One major caveat associated with the CPC/CM-based therapy is the risk of arrhythmias due to incomplete electrical coupling of the transplanted cells with the host cardiac tissue. Indeed, few studies have thoroughly evaluated the electrical integrity of the cardiac system following the administration of human ESC-derived CMs in ischemic models of nonhuman primates or guinea pigs, but those studies have obtained varying results [6163]. Ideally, transplanted cells have to align, engraft, and couple with host cardiomyocytes in an ordered fashion. Further studies are required to determine how this process is precisely orchestrated [4].

The mechanisms of action by which CPCs contribute to the generation of new CMs, promotion of preexisting CM proliferation, and/or development of vasculo-/angiogenesis remain to be fully elucidated (Figure 1). It is commonly speculated that direct engraftment of the injected adult CPCs is a relatively rare event and that the functional benefits associated with the administration of the CPCs are derived predominantly from their paracrine effects [64, 65]. However, the latest studies have revealed that the transplanted inducible CPCs exert beneficial effects based on direct engraftment in vivo, as described above [45, 47]. To improve the long-term cell engraftment in the ischemic environment, cardiac tissue engineering with natural or synthetic biomaterials is most likely to serve as an excellent tool [66, 67]. Yet the potential paracrine effects, such as cytokines and growth factors released by the transplanted adult CPCs or human ESC-derived CMs, are still considered to be indispensable on the CPC/CM therapy-mediated cardiac protection and repair after injury [64, 65, 68].

Alternative approaches to cell therapies for cardiac repair also include reprogramming strategies using fibroblasts [2, 6]. Cardiac reprogramming of fibroblasts can be achieved through direct conversion by employing a unique combination of cardiac-specific transcription factors, miRNAs, and/or chemical molecules in vitro and in vivo [2, 6, 69, 70]. To date, these in vivo studies have shown only direct reprogramming of cardiac fibroblasts into an “induced CM-like cell” but not adequate CPCs, although several in vitro studies have shown direct reprogramming of fibroblasts into an “inducible CPC” (Figure 1) [45, 47]. Several reprogramming strategies to generate cardiac cell lineages from fibroblasts, including inducible CPCs to differentiated CMs in vitro and in vivo, continue to be investigated [71].
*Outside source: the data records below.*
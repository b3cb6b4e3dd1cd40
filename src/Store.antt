-- ===== src/Store.antt =====
-- src/store.rs: the errors of a store and the `DurableStore` interface.
-- A method takes `&self`, whose interior changes, so it returns the store after the call.
pub mod Spec
use agentq.Prelude.{ℕ, List, ◌++◌, Result}
use agentq.Text.{Text, codes}
use agentq.Event.{Event, ClaimResult}
use agentq.Workflow.{Duration, Execution}

pub data StoreError : Type 0 where
  not_found : StoreError
  backend : Text → StoreError

-- `Display`
unfoldable pub store_error_to_string : StoreError → Text
store_error_to_string not_found = codes "workflow or step not found"
store_error_to_string (backend msg) = codes "store backend error: " ++ msg

abbrev pub StoreM : Type 0 → Type 0 → Type 0
StoreM S A = S → Result StoreError A × S

pub record DurableStore (S : Type 0) : Type 0 where
  pub append_event : Event → StoreM S (Unit {0})
  pub load_events : Text → StoreM S (List Event)
  pub claim_step : Text → ℕ → Text → Duration → StoreM S ClaimResult
  pub renew_lease : Text → ℕ → Text → Duration → StoreM S (Unit {0})
  pub expired_leases : StoreM S (List Execution)
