-- ===== src/Engine/State.antt =====
-- src/engine.rs: the engine's data, and its methods as programs over a world.
-- A method is `async`: where it awaits, the other tasks run. What they do to the store and to the
-- mounted workflows, and how the queue answers, is written on the turns of the world; between two
-- awaits nothing else runs, as on a current-thread runtime. Which futures are ready when is an
-- argument, so a theorem holds for every schedule of this kind.
use agentq.Prelude.{List, ◌++◌, Option, Result, ok, err}
use agentq.Text.{Text, codes}
use agentq.Job.{
  Job, Func, Priority, Outcome, PushError, push_error_to_string, JobLost, job_lost_to_string,
}
use agentq.Workflow.{Duration, StepDef}
use agentq.Store.{StoreError, store_error_to_string, StoreM}
use agentq.Queue.{Map, insert, remove}

pub record RunningWorkflow : Type 0 where
  pub steps : List StepDef
  pub bodies : List Func

pub data StepOutcome : Type 0 where
  completed waiting : StepOutcome

pub data EngineError : Type 0 where
  store : StoreError → EngineError
  push : PushError → EngineError
  job_lost : JobLost → EngineError
  workflow_failed : Text → EngineError

-- `Display`
unfoldable pub engine_error_to_string : EngineError → Text
engine_error_to_string (store e) = store_error_to_string e
engine_error_to_string (push e) = push_error_to_string e
engine_error_to_string (EngineError.job_lost e) = job_lost_to_string e
engine_error_to_string (workflow_failed reason) = codes "workflow failed: " ++ reason

-- The fields of `WorkflowEngine` that do not change; the queue is behind the turns of the world.
pub record WorkflowEngine : Type 0 where
  pub worker_id : Text
  pub lease_ttl : Duration
  pub priority : Priority

-- What the tasks of the process share: the store and `in_flight`.
pub record Shared (S : Type 0) : Type 0 where
  pub db : S
  pub mounted : Map RunningWorkflow

-- The futures of a `select!` of which one is ready: the job's handle, the deadline, the renewal.
pub data Ready : Type 0 where
  handle : Result JobLost Outcome → Ready
  deadline : Ready
  renewal : Ready

pub data Accepted : Type 0 where
  queued in_flight : Accepted
  cached : Text → Accepted

-- A wake of the wait for a job: what the other tasks did meanwhile, and what is ready.
pub record Wake (S : Type 0) : Type 0 where
  pub others : Shared S → Shared S
  pub ready : Ready

-- An attempt's awaits: its push, the wakes of its wait, and its sleep before the next attempt.
pub record Turn (S : Type 0) : Type 0 where
  pub during_push : Shared S → Shared S
  pub answer : Result PushError Accepted
  pub wakes : List (Wake S)
  pub during_sleep : Duration → Shared S → Shared S

-- The jobs that were pushed, oldest first, and the turns to come.
pub record World (S : Type 0) : Type 0 where
  pub shared : Shared S
  pub pushed : List Job
  pub turns : List (Turn S)

-- A method returns, fails, panics at an index out of bounds, or awaits something that no turn of
-- the world answers.
pub data Reply (A : Type 0) : Type 0 where
  returned : A → Reply A
  failed : EngineError → Reply A
  panicked : Reply A
  blocked : Reply A

abbrev pub Async : Type 0 → Type 0 → Type 0
Async S A = World S → Reply A × World S

unfoldable pub store_reply : {A : Type 0} → Result StoreError A → Reply A
store_reply (ok a) = returned a
store_reply (err e) = failed (store e)

module _ {S : Type 0} where
  abbrev pub pure : {A : Type 0} → A → Async S A
  pure a w = (returned a, w)

  abbrev pub fail : {A : Type 0} → EngineError → Async S A
  fail e w = (failed e, w)

  abbrev pub continue : {A B : Type 0} → Reply A → (A → Async S B) → Async S B
  continue (returned a) f w = f a w
  continue (failed e) f w = (failed e, w)
  continue panicked f w = (panicked, w)
  continue blocked f w = (blocked, w)

  infixl 5 ◌>>=◌ ◌>>◌
  abbrev pub ◌>>=◌ : {A B : Type 0} → Async S A → (A → Async S B) → Async S B
  ◌>>=◌ m f w = continue (m w).0 f (m w).1

  abbrev pub ◌>>◌ : {A B : Type 0} → Async S A → Async S B → Async S B
  m >> k = m >>= λ _. k

  -- `self.store.method(..)?`
  unfoldable pub call_store : {A : Type 0} → StoreM S A → Async S A
  unfolding store_reply
  call_store m w =
      let r = m w.shared.db in (store_reply r.0, record w { shared = record w.shared { db = r.1 } })

  -- The other tasks run.
  unfoldable pub yield_to : (Shared S → Shared S) → Async S (Unit {0})
  yield_to others w = (returned tt, record w { shared = others w.shared })

  -- `self.in_flight.lock()` and `get`, `insert` and `remove` of the workflow
  unfoldable pub get_mounted : Text → Async S (Option RunningWorkflow)
  get_mounted workflow_id w = (returned (w.shared.mounted workflow_id), w)

  unfoldable pub mount : Text → RunningWorkflow → Async S (Unit {0})
  unfolding insert
  mount workflow_id running w = (
    returned tt,
    record w { shared = record w.shared { mounted = insert workflow_id running w.shared.mounted } },
  )

  unfoldable pub drop_from_in_flight : Text → Async S (Unit {0})
  unfolding remove
  drop_from_in_flight workflow_id w = (
    returned tt,
    record w { shared = record w.shared { mounted = remove workflow_id w.shared.mounted } },
  )
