-- ===== src/Engine/Reasons.antt =====
-- src/engine.rs: the marker errors of a step body and how the engine reads them back.
use agentq.Prelude.{◌≡◌, refl, ◌++◌, Option, none, some, ◌↔◌}
use agentq.Text.{Text, codes, strip_prefix, strip_prefix_iff}

abbrev wait_prefix : Text
wait_prefix = codes "agentq:wait:"

abbrev non_retryable_prefix : Text
non_retryable_prefix = codes "agentq:non-retryable:"

unfoldable pub parse_waiting_reason : Text → Option Text
unfolding strip_prefix
parse_waiting_reason reason = strip_prefix wait_prefix reason

unfoldable pub parse_non_retryable_reason : Text → Option Text
unfolding strip_prefix
parse_non_retryable_reason reason = strip_prefix non_retryable_prefix reason

-- `Display` of `WaitForInput` and of `NonRetryable`
unfoldable pub wait_for_input_to_string : Text → Text
wait_for_input_to_string reason = wait_prefix ++ reason

unfoldable pub non_retryable_to_string : Text → Text
non_retryable_to_string reason = non_retryable_prefix ++ reason

not-waiting : (r : Text) → parse_waiting_reason (non_retryable_to_string r) ≡ none
unfolding parse_waiting_reason non_retryable_to_string strip_prefix
not-waiting r = refl

-- A failure is read as a wait exactly when it is the print of a `WaitForInput`, with its reason, and
-- as a failure without retries exactly when it is the print of a `NonRetryable`; no print of a
-- `NonRetryable` is read as a wait.
pub parse_waiting_reason_iff :
    (t r : Text)
    → ((parse_waiting_reason t ≡ some r) ↔ (t ≡ wait_for_input_to_string r))
      × ((parse_non_retryable_reason t ≡ some r) ↔ (t ≡ non_retryable_to_string r))
      × (parse_waiting_reason (non_retryable_to_string r) ≡ none)
unfolding parse_waiting_reason parse_non_retryable_reason wait_for_input_to_string
    non_retryable_to_string
parse_waiting_reason_iff t r =
    (strip_prefix_iff wait_prefix t r, strip_prefix_iff non_retryable_prefix t r, not-waiting r)
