-- ===== src/Text/Decimal.antt =====
-- Rust's `to_string` and `parse` of the unsigned integer types.
use agentq.Prelude.{
  ℕ, zero, suc, ◌+◌, ◌-◌, ◌*◌, ◌/◌, ◌%◌, ◌≤◌, ◌<◌, ◌≡◌, ◌≢◌, refl, sym, ◌∙◌, ap, true, false, ◌&&◌,
  List, [], ◌∷◌, ◌++◌, append_assoc, Option, none, some, arith, ltb, leb, ◌==◌, if◌then◌else◌, All,
  All-append, Bool-cases, inl, inr, subst, append-nil, ltb→lt,
}

abbrev pub IsDigit : ℕ → Type 0
IsDigit c = (b'0' ≤ c) × (c ≤ b'9')

-- One digit for each round; the fuel is above the number of digits.
digits : ℕ → ℕ → List ℕ
digits zero n = []
digits (suc f) n = elim (ltb n 10) [
  | true ↦ (b'0' + n) ∷ []
  | false ↦ digits f (n / 10) ++ (b'0' + n % 10) ∷ []
]

-- `n.to_string()`
unfoldable pub decimal : ℕ → List ℕ
unfolding digits
decimal n = digits (suc n) n

-- The digits behind the value read so far; `none` where `checked_mul` or `checked_add` overflows.
scan : ℕ → ℕ → List ℕ → Option ℕ
scan limit n [] = some n
scan limit n (c ∷ s) =
    if leb b'0' c && leb c b'9' && leb (n * 10 + (c - b'0')) limit
    then scan limit (n * 10 + (c - b'0')) s
    else none

-- `s.parse::<T>()` where `T::MAX` is the first argument. One sign `+` may stand before digits.
unfoldable pub parse_uint : ℕ → List ℕ → Option ℕ
unfolding scan
parse_uint limit [] = none
parse_uint limit (c ∷ []) = scan limit 0 (c ∷ [])
parse_uint limit (c ∷ d ∷ s) = if c == b'+' then scan limit 0 (d ∷ s) else scan limit 0 (c ∷ d ∷ s)

digits-small : (f n : ℕ) → n < 10 → digits (suc f) n ≡ (b'0' + n) ∷ []
unfolding digits
digits-small f n h = ground arith

digits-large :
    (f n : ℕ) → ltb n 10 ≡ false → digits (suc f) n ≡ digits f (n / 10) ++ (b'0' + n % 10) ∷ []
unfolding digits
digits-large f n h = rw (h, digits)

scan_last :
    (limit n : ℕ) (rest : List ℕ)
    → n ≤ limit
    → scan limit (n / 10) ((b'0' + n % 10) ∷ rest) ≡ scan limit n rest
unfolding scan
scan_last limit n rest h = ground arith

scan_first :
    (limit n : ℕ) (rest : List ℕ)
    → n < 10
    → n ≤ limit
    → scan limit 0 ((b'0' + n) ∷ rest) ≡ scan limit n rest
unfolding scan
scan_first limit n rest h fits = ground arith

scan-digits :
    (limit f n : ℕ) (rest : List ℕ)
    → n < f
    → n ≤ limit
    → scan limit 0 (digits f n ++ rest) ≡ scan limit n rest
scan-digits limit zero n rest h fits = elim h [ ]
scan-digits limit (suc f) n rest h fits = elim (Bool-cases (ltb n 10)) [
  | inl small ↦
      let below = ltb→lt n 10 small in
      rw (digits-small f n below) (scan_first limit n rest below fits)
  | inr big ↦
      rw (digits-large f n big, append_assoc (digits f (n / 10)) ((b'0' + n % 10) ∷ []) rest)
        (scan-digits limit f (n / 10) ((b'0' + n % 10) ∷ rest) (ground arith) (omega arith)
          ∙ scan_last limit n rest fits)
]

digits-IsDigit : (f n : ℕ) → All IsDigit (digits f n)
digits-IsDigit zero n = unfold digits in tt
digits-IsDigit (suc f) n = elim (Bool-cases (ltb n 10)) [
  | inl small ↦
      let below = ltb→lt n 10 small in
      subst (All IsDigit) (sym (digits-small f n below)) (omega arith)
  | inr big ↦
      subst (All IsDigit) (sym (digits-large f n big))
        (All-append IsDigit _ _ (digits-IsDigit f (n / 10)) (omega arith))
]

pub decimal-IsDigit : (n : ℕ) → All IsDigit (decimal n)
unfolding decimal
decimal-IsDigit n = digits-IsDigit (suc n) n

snoc-ne-nil : (xs : List ℕ) (c : ℕ) → xs ++ c ∷ [] ≢ []
snoc-ne-nil [] c e = cc
snoc-ne-nil (x ∷ xs) c e = cc

digits-ne-nil : (f n : ℕ) → digits (suc f) n ≢ []
digits-ne-nil f n e = elim (Bool-cases (ltb n 10)) [
  | inl small ↦ cc (digits-small f n (ltb→lt n 10 small))
  | inr big ↦ snoc-ne-nil (digits f (n / 10)) (b'0' + n % 10) (sym (digits-large f n big) ∙ e)
]

scan-decimal :
    (limit n : ℕ) (rest : List ℕ) → n ≤ limit → scan limit 0 (decimal n ++ rest) ≡ scan limit n rest
unfolding decimal
scan-decimal limit n rest = scan-digits limit (suc n) n rest (omega arith)

-- Without a sign in front, `parse_uint` is the scan.
parse_uint-scan :
    (limit : ℕ) (s : List ℕ) → s ≢ [] → All IsDigit s → parse_uint limit s ≡ scan limit 0 s
unfolding parse_uint
parse_uint-scan limit [] h d = absurd (h refl)
parse_uint-scan limit (c ∷ []) h d = refl
parse_uint-scan limit (c ∷ e ∷ s) h d = ground arith

-- A number that fits the type is read back from its decimal print.
pub parse_uint-decimal : (limit n : ℕ) → n ≤ limit → parse_uint limit (decimal n) ≡ some n
parse_uint-decimal limit n fits =
    parse_uint-scan limit (decimal n) (unfold decimal in digits-ne-nil n n) (decimal-IsDigit n)
    ∙ ap (scan limit 0) (sym (append-nil (decimal n)))
    ∙ scan-decimal limit n [] fits
    ∙ (unfold scan in refl)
Regardless of the several critical issues as described above, the concept of enhancing stem cell properties through a combination of strategies could go some way in obtaining better outcomes for patients. An innovative focus that aims to synergize cell-based and cell-free therapies such as combining “ideal” CPC types with gene therapy, small molecules, and/or tissue engineering strategies should be conceptualized as a plausible clinical treatment for the enhancement of regenerative therapies in cardiovascular disease (Figure 1). Continuous and collective efforts by stem cell biologists and medical teams in cardiology must open the door and generate novel paths toward a goal of successfully establishing cardiac regenerative therapeutics in the near future.

Conflicts of Interest

The authors declare no conflict of interest.

Acknowledgments

Makoto Sahara is supported by research grants provided by Swedish Heart and Lung Foundation and Karolinska Institutet.